● WHAT IS EXPECTED: In the records below, find each line with "hidden" and copy it.

● INPUT FOR THIS TASK:

· · · · ·

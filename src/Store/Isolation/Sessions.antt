-- ===== src/Store/Isolation/Sessions.antt =====
-- Operations on sessions and messages.
use happy_server_lite.Base.{
  ℕ, GoString, ==_iff, ◌≡◌, ◌≢◌, ◌⊎◌, refl, sym, ap, ◌∙◌, subst, Option, none, some, Bool, true,
  inl, inr, lookup, lookup-insert, lookup-delete, arith, Option-cases,
}
use happy_server_lite.Model.{Session}
use happy_server_lite.Store.State.{Store, user_tag_key}
use happy_server_lite.Store.State.Keys.{NoBar, user_tag_key-injective}
use happy_server_lite.Store.Sessions.{
  SessionRequest, accessible, put_session, get_session, get_or_create_session, create_session,
  refresh_session, update_session_metadata, update_session_agent_state, set_session_active,
  delete_session,
}
use happy_server_lite.Store.Sessions.Views.{get_session-found, accessible_iff}
use happy_server_lite.Store.Sessions.Lifecycle.{
  Indexed, Rewrites, nothing, rewrites, update_session_metadata-Rewrites,
  update_session_agent_state-Rewrites, set_session_active-Rewrites, refresh_session-stored,
}
use happy_server_lite.Store.Sessions.Creation.{get_or_create_locked_cases}
use happy_server_lite.Store.Messages.{append_message}
use happy_server_lite.Store.Messages.Conversation.{append_message-append}
use happy_server_lite.Store.History.Kept.{
  get_or_create_session_store, deleted_from, delete_session-deleted_from,
}
use happy_server_lite.Store.Isolation.{Untouched, same_store-Untouched, session_changes-Untouched}

get_session_of_sessions :
    (s s' : Store) (v j : GoString)
    → s'.sessions_by_id ≡ s.sessions_by_id
    → get_session s' v j ≡ get_session s v j
unfolding get_session
get_session_of_sessions s s' v j e = rw e refl

append_message_elsewhere :
    (s : Store) (u sid content new_id : GoString) (now : ℕ)
    → let s' = (append_message s u sid content new_id now).0 in
      (s'.machines_by_id ≡ s.machines_by_id)
      × (s'.artifacts_by_key ≡ s.artifacts_by_key)
      × (s'.account_settings_by_user_id ≡ s.account_settings_by_user_id)
unfolding append_message
append_message_elsewhere s u sid content new_id now = elim (Option-cases (get_session s u sid)) [
  | inl e ↦ (ground (arith, e), ground (arith, e), ground (arith, e))
  | inr (sess, e) ↦ (ground (arith, e), ground (arith, e), ground (arith, e))
]

module _ (u v : GoString) (other : u ≢ v) where
  -- A session of one user is nothing to another.
  get_session_other :
      (s : Store) (sid : GoString) (sess : Session)
      → get_session s u sid ≡ some sess
      → get_session s v sid ≡ none
  unfolding get_session accessible
  get_session_other s sid sess h =
      ground (arith, h, other, ==_iff sess.user_id u, ==_iff sess.user_id v)

  put_session_get :
      (s : Store) (sid : GoString) (sess sess' : Session) (j : GoString)
      → (lookup sid s.sessions_by_id ≡ none)
        ⊎ ((lookup sid s.sessions_by_id ≡ some sess) × (sess.user_id ≡ u))
      → sess'.user_id ≡ u
      → get_session (put_session s sid sess') v j ≡ get_session s v j
  unfolding get_session accessible
  put_session_get s sid sess sess' j old new = ground (
    arith,
    old,
    new,
    other,
    lookup-insert j sid sess' s.sessions_by_id,
    ==_iff sid j,
    ==_iff sess.user_id v,
    ==_iff sess'.user_id v,
  )

  put_session-Untouched :
      (s : Store) (sid : GoString) (sess sess' : Session)
      → (lookup sid s.sessions_by_id ≡ none)
        ⊎ ((lookup sid s.sessions_by_id ≡ some sess) × (sess.user_id ≡ u))
      → sess'.user_id ≡ u
      → Untouched v s (put_session s sid sess')
  put_session-Untouched s sid sess sess' old new =
      session_changes-Untouched v s (put_session s sid sess') refl refl refl
        (λ j. put_session_get s sid sess sess' j old new) (λ j x h. refl)

  Rewrites-Untouched :
      (s : Store) (sid : GoString) (s' : Store) → Rewrites s u sid s' → Untouched v s s'
  Rewrites-Untouched s sid s' (nothing e) = subst (Untouched v s) (sym e) (same_store-Untouched v s)
  Rewrites-Untouched s sid s' (rewrites sess sess' found same e) =
      let (stored, mine) = get_session-found s u sid sess found in
      let own = (accessible_iff u sess mine).0 in
      subst (Untouched v s) (sym e)
        (put_session-Untouched s sid sess sess' (inr (stored, own)) (same.user_id ∙ own))

  pub update_session_metadata-Untouched :
      (s : Store) (sid : GoString) (expected : ℕ) (metadata : GoString) (now : ℕ)
      → Untouched v s (update_session_metadata s u sid expected metadata now).0
  update_session_metadata-Untouched s sid expected metadata now =
      Rewrites-Untouched s sid _ (update_session_metadata-Rewrites s u sid expected metadata now)

  pub update_session_agent_state-Untouched :
      (s : Store) (sid : GoString) (expected : ℕ) (agent_state : Option GoString) (now : ℕ)
      → Untouched v s (update_session_agent_state s u sid expected agent_state now).0
  update_session_agent_state-Untouched s sid expected agent_state now =
      Rewrites-Untouched s sid _
        (update_session_agent_state-Rewrites s u sid expected agent_state now)

  pub set_session_active-Untouched :
      (s : Store) (sid : GoString) (active : Bool) (active_at now : ℕ)
      → Untouched v s (set_session_active s u sid active active_at now).0
  set_session_active-Untouched s sid active active_at now =
      Rewrites-Untouched s sid _ (set_session_active-Rewrites s u sid active active_at now)

  pub append_message-Untouched :
      (s : Store) (sid content new_id : GoString) (now : ℕ)
      → Untouched v s (append_message s u sid content new_id now).0
  append_message-Untouched s sid content new_id now =
      elim (append_message-append s u sid content new_id now) [
        | inl (e, r, same) ↦ subst (Untouched v s) (sym same) (same_store-Untouched v s)
        | inr (sess, msg, found, r, n, c, longer, counted, sessions, others) ↦
            let (machines, artifacts, settings) =
              append_message_elsewhere s u sid content new_id now in
            let hidden = get_session_other s sid sess found in
            session_changes-Untouched v s _ machines artifacts settings
              (λ j. get_session_of_sessions s _ v j sessions)
              (λ j x h. (others j (λ q. cc (q, h, hidden))).0)
      ]

  deleted-Untouched :
      (s : Store) (sid : GoString) (now : ℕ) (sess : Session)
      → get_session s u sid ≡ some sess
      → Untouched v s (deleted_from s u sid now (some sess))
  deleted-Untouched s sid now sess e =
      let (stored, mine) = get_session-found s u sid sess e in
      let own = (accessible_iff u sess mine).0 in
      let hidden = get_session_other s sid sess e in
      let marked : Session = record sess { deleted = true; updated_at = now } in
      session_changes-Untouched v s (deleted_from s u sid now (some sess)) refl refl refl
        (λ j.
          get_session_of_sessions (put_session s sid marked) _ v j refl
          ∙ put_session_get s sid sess marked j (inr (stored, own)) own)
        (λ j x h.
          ground
            (arith, lookup-delete j sid s.messages, ==_iff sid j, h, hidden, ap (get_session s v)))

  pub delete_session-Untouched :
      (s : Store) (sid : GoString) (now : ℕ) → Untouched v s (delete_session s u sid now).0
  delete_session-Untouched s sid now = elim (Option-cases (get_session s u sid)) [
    | inl e ↦
        let same = delete_session-deleted_from s u sid now in
        subst (Untouched v s) (sym (same ∙ ap (deleted_from s u sid now) e))
          (same_store-Untouched v s)
    | inr (sess, e) ↦
        let same = delete_session-deleted_from s u sid now in
        subst (Untouched v s) (sym (same ∙ ap (deleted_from s u sid now) e))
          (deleted-Untouched s sid now sess e)
  ]

  create_session-Untouched :
      (s : Store) (r : SessionRequest) (new_id : GoString) (now : ℕ)
      → r.user_id ≡ u
      → lookup new_id s.sessions_by_id ≡ none
      → Untouched v s (create_session s r new_id now).0
  unfolding create_session
  create_session-Untouched s r new_id now by fresh =
      let (s', sess, created) = create_session s r new_id now in
      session_changes-Untouched v s s' refl refl refl
        (λ j.
          get_session_of_sessions (put_session s new_id sess) s' v j refl
          ∙ put_session_get s new_id sess sess j (inl fresh) by)
        (λ j x h. refl)

  -- A creation by one user, with a fresh identifier, is nothing to another, if neither identifier
  -- holds a bar.
  pub get_or_create_session-Untouched :
      (s : Store) (r : SessionRequest) (new_id : GoString) (now : ℕ)
      → r.user_id ≡ u
      → NoBar u
      → Indexed s
      → lookup new_id s.sessions_by_id ≡ none
      → ((sid : GoString) (sess : Session)
          → lookup sid s.sessions_by_id ≡ some sess
          → NoBar sess.user_id)
      → Untouched v s (get_or_create_session s r new_id now).0
  get_or_create_session-Untouched s r new_id now by plain i fresh plain_users =
      elim (get_or_create_session_store s r new_id now) [
        | inl q ↦ subst (Untouched v s) (sym q) (same_store-Untouched v s)
        | inr (named, tagged, q) ↦
            subst (Untouched v s) (sym q) (elim (get_or_create_locked_cases s r new_id now i) [
              | inl (e, k) ↦
                  subst (λ (out : Store × Session × Bool). Untouched v s out.0) (sym k)
                    (create_session-Untouched s r new_id now by fresh)
              | inr (sid, sess, e, found, live, own, k) ↦
                  let owner : sess.user_id ≡ u =
                    (user_tag_key-injective sess.user_id u sess.tag r.tag
                      (plain_users sid sess found) plain
                      (own ∙ ap (λ (x : GoString). user_tag_key x r.tag) by)).0 in
                  let (same, flag, stored) = refresh_session-stored s sid sess r now in
                  subst (λ (out : Store × Session × Bool). Untouched v s out.0) (sym k)
                    (elim stored [
                      | inl (p, j) ↦ subst (Untouched v s) (sym p) (same_store-Untouched v s)
                      | inr p ↦ subst (Untouched v s) (sym p) (
                          put_session-Untouched s sid sess (refresh_session s sid sess r now).1
                            (inr (found, owner)) (same.user_id ∙ owner))
                    ])
            ])
      ]
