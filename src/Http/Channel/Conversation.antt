-- ===== src/Http/Channel/Conversation.antt =====
-- What a user's channel does to the others.
use happy_server_lite.Base.{
  ℕ, GoString, codes, is_empty, ◌==◌, ==_iff, ◌≡◌, ◌≢◌, ◌⊎◌, refl, sym, ap, ◌∙◌, subst, Bool, true,
  false, not, ◌||◌, Option, none, some, List, [], ◌∷◌, ◌++◌, filter, if◌then◌else◌, In,
  of_In-filter, inl, inr, lookup-insert, arith, Bool-cases,
}
use happy_server_lite.Base.Pointers.{Pointer, add, contains, contains-remove}
use happy_server_lite.Json.{Json}
use happy_server_lite.Model.{SessionMessage}
use happy_server_lite.Hub.{Hub, is_empty_set, register, broadcast}
use happy_server_lite.Hub.Delivery.{
  members, NoEmpty, members-register, members-unregister, broadcast-members,
}
use happy_server_lite.Store.State.{Store, Result, ok, err}
use happy_server_lite.Store.Messages.{append_message}
use happy_server_lite.Store.Isolation.{Untouched, same_store-Untouched, Untouched-trans}
use happy_server_lite.Store.Isolation.Sessions.{append_message-Untouched}
use happy_server_lite.Http.Channel.{
  ClientMessage, Channel, pong, new_message, write_all, stored_with, on_message, on_messages,
  serve_channel,
}

module _ (user_of : Pointer → GoString) (write_ok : Pointer → Bool) where
  -- Each connection stands under its own user, and no user is kept with an empty set.
  pub record Ordered (h : Hub) : Type 0 where
    pub own : (u : GoString) (c : Pointer) → In c (members h u) → user_of c ≡ u
    pub no_empty : NoEmpty h

  -- the writes to the connections of a user
  abbrev pub written_to : GoString → List (Pointer × Json) → List (Pointer × Json)
  written_to v written = filter (λ w. user_of w.0 == v) written

  -- What a step leaves to the user `v`, and to the hub.
  pub record Serves (v : GoString) (ch ch' : Channel) : Type 0 where
    pub kept : Untouched v ch.store ch'.store
    pub joined : members ch'.hub v ≡ members ch.hub v
    heard : written_to v ch'.written ≡ written_to v ch.written
    ordered : Ordered ch'.hub

  Serves-refl : (v : GoString) (ch : Channel) → Ordered ch.hub → Serves v ch ch
  Serves-refl v ch o = record {
    kept = same_store-Untouched v ch.store;
    joined = refl;
    heard = refl;
    ordered = o;
  }

  Serves-trans : (v : GoString) (a b c : Channel) → Serves v a b → Serves v b c → Serves v a c
  Serves-trans v a b c f g = record {
    kept = Untouched-trans v a.store b.store c.store f.kept g.kept;
    joined = g.joined ∙ f.joined;
    heard = g.heard ∙ f.heard;
    ordered = g.ordered;
  }

  written_to-write_all :
      (u v : GoString) (cs : List Pointer) (out : Json) (written : List (Pointer × Json))
      → u ≢ v
      → ((c : Pointer) → In c cs → user_of c ≡ u)
      → written_to v (write_all user_of write_ok cs out written) ≡ written_to v written
  unfolding filter
  written_to-write_all u v [] out written other own = refl
  written_to-write_all u v (c ∷ cs) out written other own =
      written_to-write_all u v cs out ((c, out) ∷ written) other (λ d i. own d (inr i))
      ∙ ground (arith, own c (inl refl), other, ==_iff (user_of c) v)

  -- a set of which some were dropped, or that was left alone
  kept_own :
      (test : Bool) (c : Pointer) (w : GoString) (f : Pointer → Bool) (some_set set : List Pointer)
      → (test ≡ true → In c some_set → user_of c ≡ w)
      → (In c set → user_of c ≡ w)
      → In c (if test then filter f some_set else set)
      → user_of c ≡ w
  kept_own true c w f some_set set h k i = h refl (of_In-filter f c some_set i).0
  kept_own false c w f some_set set h k i = k i

  broadcast-Ordered :
      (h : Hub) (u : GoString) → Ordered h → Ordered (broadcast user_of write_ok h u).0
  broadcast-Ordered h u o = record {
    own = λ w c i.
        let (at, conns, closed, left) =
          broadcast-members user_of write_ok h u w (o.own u) o.no_empty in
        kept_own (u == w) c w write_ok (members h u) (members h w)
          (λ e j. o.own u c j ∙ (==_iff u w).0 e) (o.own w c) (subst (In c) at i);
    no_empty = (broadcast-members user_of write_ok h u u (o.own u) o.no_empty).3;
  }

  In-snoc : (c d : Pointer) (set : List Pointer) → In d (set ++ c ∷ []) → (d ≡ c) ⊎ In d set
  In-snoc c d [] (inl e) = inl e
  In-snoc c d [] (inr i) = elim i [ ]
  In-snoc c d (x ∷ set) (inl e) = inr (inl e)
  In-snoc c d (x ∷ set) (inr i) = elim (In-snoc c d set i) [ inl e ↦ inl e | inr j ↦ inr (inr j) ]

  In-add : (c d : Pointer) (set : List Pointer) → In d (add c set) → (d ≡ c) ⊎ In d set
  unfolding add
  In-add c d set i = elim (Bool-cases (contains set c)) [
    | inl e ↦ inr (rw e at i)
    | inr e ↦ In-snoc c d set (rw e at i)
  ]

  added_own :
      (test : Bool) (c d : Pointer) (w : GoString) (set : List Pointer)
      → (test ≡ true → user_of c ≡ w)
      → (In d set → user_of d ≡ w)
      → In d (if test then add c set else set)
      → user_of d ≡ w
  added_own true c d w set h k i = elim (In-add c d set i) [
    | inl e ↦ ap user_of e ∙ h refl
    | inr j ↦ k j
  ]
  added_own false c d w set h k i = k i

  add-nonempty : (c : Pointer) (set : List Pointer) → is_empty_set (add c set) ≡ false
  unfolding add contains
  add-nonempty c [] = refl
  add-nonempty c (d ∷ set) = ground arith

  register-NoEmpty : (h : Hub) (c : Pointer) → NoEmpty h → NoEmpty (register user_of h c)
  unfolding register
  register-NoEmpty h c n = record {
    at = λ v s e.
        let set = add c (members h (user_of c)) in
        ground (
          arith,
          e,
          lookup-insert v (user_of c) set h.connections,
          n.at v s,
          add-nonempty c (members h (user_of c)),
        );
  }

  register-Ordered : (h : Hub) (c : Pointer) → Ordered h → Ordered (register user_of h c)
  register-Ordered h c o = record {
    own = λ w d i.
        added_own (user_of c == w) c d w (members h w) (λ e. (==_iff (user_of c) w).0 e) (o.own w d)
          (subst (In d) (members-register user_of h c w) i);
    no_empty = register-NoEmpty h c o.no_empty;
  }

  stored_with-Serves :
      (v : GoString) (ch : Channel) (conn : Pointer) (sid : GoString)
      (out : Store × Result SessionMessage)
      → user_of conn ≢ v
      → Ordered ch.hub
      → Untouched v ch.store out.0
      → Serves v ch (stored_with user_of write_ok ch conn sid out)
  stored_with-Serves v ch conn sid (s', err e) other o h = Serves-refl v ch o
  stored_with-Serves v ch conn sid (s', ok stored) other o h =
      let u = user_of conn in
      let (at, conns, closed, left) =
        broadcast-members user_of write_ok ch.hub u v (o.own u) o.no_empty in
      record {
        kept = h;
        joined = ground (arith, at, other, ==_iff u v);
        heard =
            written_to-write_all u v _ (new_message sid stored) ch.written other
              (subst (λ cs. (c : Pointer) → In c cs → user_of c ≡ u) (sym conns) (o.own u));
        ordered = broadcast-Ordered ch.hub u o;
      }

  if-Serves :
      (v : GoString) (ch : Channel) (test : Bool) (x y : Channel)
      → Serves v ch x
      → Serves v ch y
      → Serves v ch (if test then x else y)
  if-Serves v ch true x y h k = h
  if-Serves v ch false x y h k = k

  pong-Serves :
      (v : GoString) (ch : Channel) (conn : Pointer)
      → user_of conn ≢ v
      → Ordered ch.hub
      → Serves v ch (record ch { written = (conn, pong) ∷ ch.written })
  unfolding filter
  pong-Serves v ch conn other o = record {
    kept = same_store-Untouched v ch.store;
    joined = refl;
    heard = ground (arith, other, ==_iff (user_of conn) v);
    ordered = o;
  }

  on_message-Serves :
      (v : GoString) (ch : Channel) (conn : Pointer) (msg : Option ClientMessage)
      (new_id : GoString) (now : ℕ)
      → user_of conn ≢ v
      → Ordered ch.hub
      → Serves v ch (on_message user_of write_ok ch conn msg new_id now)
  unfolding on_message
  on_message-Serves v ch conn none new_id now other o = Serves-refl v ch o
  on_message-Serves v ch conn (some msg) new_id now other o =
      let here = Serves-refl v ch o in
      let appended =
        append_message-Untouched (user_of conn) v other ch.store msg.sid msg.message new_id now in
      if-Serves v ch (msg.type_name == codes "ping") _ _ (pong-Serves v ch conn other o) (
        if-Serves v ch (not (msg.type_name == codes "message")) _ _ here (
          if-Serves v ch (is_empty msg.sid || is_empty msg.message) _ _ here (
            stored_with-Serves v ch conn msg.sid
              (append_message ch.store (user_of conn) msg.sid msg.message new_id now) other o
              appended)))

  on_messages-Serves :
      (v : GoString) (ch : Channel) (conn : Pointer)
      (msgs : List (Option ClientMessage × GoString × ℕ))
      → user_of conn ≢ v
      → Ordered ch.hub
      → Serves v ch (on_messages user_of write_ok ch conn msgs)
  unfolding on_messages
  on_messages-Serves v ch conn [] other o = Serves-refl v ch o
  on_messages-Serves v ch conn ((msg, new_id, now) ∷ rest) other o =
      let ch' = on_message user_of write_ok ch conn msg new_id now in
      let first = on_message-Serves v ch conn msg new_id now other o in
      Serves-trans v ch ch' _ first (on_messages-Serves v ch' conn rest other first.ordered)

  -- Whatever a client sends over its channel, from its registration to its end, all that another user
  -- can read of the store stays as it was, the other user's connections stay registered, and nothing is
  -- written to them; the client's own connection is registered no longer.
  pub serve_channel-isolated :
      (v : GoString) (ch : Channel) (conn : Pointer)
      (msgs : List (Option ClientMessage × GoString × ℕ))
      → user_of conn ≢ v
      → Ordered ch.hub
      → let ch' = serve_channel user_of write_ok ch conn msgs in
        Untouched v ch.store ch'.store
        × (members ch'.hub v ≡ members ch.hub v)
        × (written_to v ch'.written ≡ written_to v ch.written)
        × (contains (members ch'.hub (user_of conn)) conn ≡ false)
  unfolding serve_channel
  serve_channel-isolated v ch conn msgs other o =
      let u = user_of conn in
      let registered : Channel = record ch { hub = register user_of ch.hub conn } in
      let done = on_messages user_of write_ok registered conn msgs in
      let s = on_messages-Serves v registered conn msgs other (register-Ordered ch.hub conn o) in
      (
        s.kept,
        ground (
          arith,
          s.joined,
          members-register user_of ch.hub conn v,
          members-unregister user_of done.hub conn v,
          other,
          ==_iff u v,
        ),
        s.heard,
        ground (
          arith,
          members-unregister user_of done.hub conn u,
          contains-remove conn (members done.hub u) conn,
          ==_iff u u,
        ),
      )
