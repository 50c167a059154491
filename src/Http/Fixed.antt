-- ===== src/Http/Fixed.antt =====
-- The handlers of internal/handler that neither read nor change the store: feed.go, friends.go,
-- push_tokens.go, user.go and version.go. The error of a body is not looked at, so a handler takes the
-- field that the decoding has left in it.
use happy_server_lite.Base.{GoString, codes, is_empty, false, [], ◌∷◌, if◌then◌else◌}
use happy_server_lite.Json.{Json, obj, arr}
use happy_server_lite.Http.Answers.{
  Answer, answer, failed, ok_status, bad_request, not_found, invalid_request, succeeded,
}

abbrev pub feed : Answer
feed = answer ok_status ((codes "items", arr []) ∷ (codes "hasMore", Json.bool false) ∷ [])

abbrev pub friends : Answer
friends = answer ok_status ((codes "friends", arr []) ∷ [])

abbrev dummy_user_profile : GoString → GoString → Json
dummy_user_profile id status = obj (
    (codes "id", Json.string id)
    ∷ (codes "firstName", Json.string (codes "User"))
    ∷ (codes "lastName", Json.null)
    ∷ (codes "avatar", Json.null)
    ∷ (codes "username", Json.string id)
    ∷ (codes "bio", Json.null)
    ∷ (codes "status", Json.string status)
    ∷ [])

unfoldable pub add_friend : GoString → Answer
add_friend uid =
    if is_empty uid
    then invalid_request
    else answer ok_status ((codes "user", dummy_user_profile uid (codes "requested")) ∷ [])

unfoldable pub remove_friend : GoString → Answer
remove_friend uid =
    if is_empty uid
    then invalid_request
    else answer ok_status ((codes "user", dummy_user_profile uid (codes "none")) ∷ [])

abbrev pub push_tokens : Answer
push_tokens = answer ok_status ((codes "tokens", arr []) ∷ [])

unfoldable pub register_push_token : GoString → Answer
register_push_token token =
    if is_empty token
    then answer bad_request ((codes "success", Json.bool false) ∷ [])
    else succeeded

abbrev pub search_users : Answer
search_users = answer ok_status ((codes "users", arr []) ∷ [])

abbrev pub get_user : Answer
get_user = failed not_found (codes "User not found")

abbrev pub check_version : Answer
check_version = answer ok_status ((codes "update_required", Json.bool false) ∷ [])
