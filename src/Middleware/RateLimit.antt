-- ===== src/Middleware/RateLimit.antt =====
-- internal/middleware/ratelimit.go. The clock's answer is an argument: a time is a number of
-- nanoseconds, and so is the window. The counter and the limit are `int`s.
pub mod Window
pub mod Cleanup
use happy_server_lite.Base.{
  ℕ, ◌+◌, GoString, Option, none, some, Bool, true, false, not, lookup, insert, ltb, slt, inc64,
  if◌then◌else◌, List, [], ◌∷◌, Map, eqb,
}

pub record RequestInfo : Type 0 where
  pub count : ℕ
  pub reset_at : ℕ

pub record RateLimiter : Type 0 where
  pub requests : Map RequestInfo
  pub limit : ℕ
  pub window : ℕ

-- `NewRateLimiterWithNow`, without the goroutine that it starts: `cleanup_round` is a round of that
unfoldable pub new_rate_limiter : ℕ → ℕ → RateLimiter
new_rate_limiter limit window = record { requests = []; limit = limit; window = window }

-- `now.After(info.resetAt)`
abbrev pub expired : ℕ → RequestInfo → Bool
expired now info = ltb info.reset_at now

abbrev pub put : RateLimiter → GoString → RequestInfo → RateLimiter
put rl key info = record rl { requests = insert key info rl.requests }

-- the tail of `Allow`, for a window that is still open
unfoldable pub count_request : RateLimiter → GoString → RequestInfo → RateLimiter × Bool
count_request rl key info =
    if not (slt info.count rl.limit)
    then (rl, false)
    else (put rl key (record info { count = inc64 info.count }), true)

unfoldable pub allow : RateLimiter → GoString → ℕ → RateLimiter × Bool
unfolding count_request
allow rl key now =
    let fresh = put rl key (record { count = 1; reset_at = now + rl.window }) in
    elim (lookup key rl.requests) [
      | none ↦ (fresh, true)
      | some info ↦ if expired now info then (fresh, true) else count_request rl key info
    ]

-- the loop over the map in `cleanup`
unfoldable pub sweep : ℕ → Map RequestInfo → Map RequestInfo
sweep now [] = []
sweep now ((key, info) ∷ m) = if expired now info then sweep now m else (key, info) ∷ sweep now m

-- one round of `cleanup`, which returns at once if there is no window
unfoldable pub cleanup_round : RateLimiter → ℕ → RateLimiter
unfolding sweep
cleanup_round rl now =
    if eqb rl.window 0 then rl else record rl { requests = sweep now rl.requests }

-- The answers to a sequence of requests, each with its key and its time.
unfoldable pub run : RateLimiter → List (GoString × ℕ) → RateLimiter × List Bool
run rl [] = (rl, [])
run rl ((key, now) ∷ calls) =
    let (rl', allowed) = allow rl key now in
    let (last, rest) = run rl' calls in (last, allowed ∷ rest)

· · · · ·

● TASK RESULT:
            let hidden = get_session_other s sid sess found in
              (λ j x h. (others j (λ q. cc (q, h, hidden))).0)
      let hidden = get_session_other s sid sess e in
            (arith, lookup-delete j sid s.messages, ==_iff sid j, h, hidden, ap (get_session s v)))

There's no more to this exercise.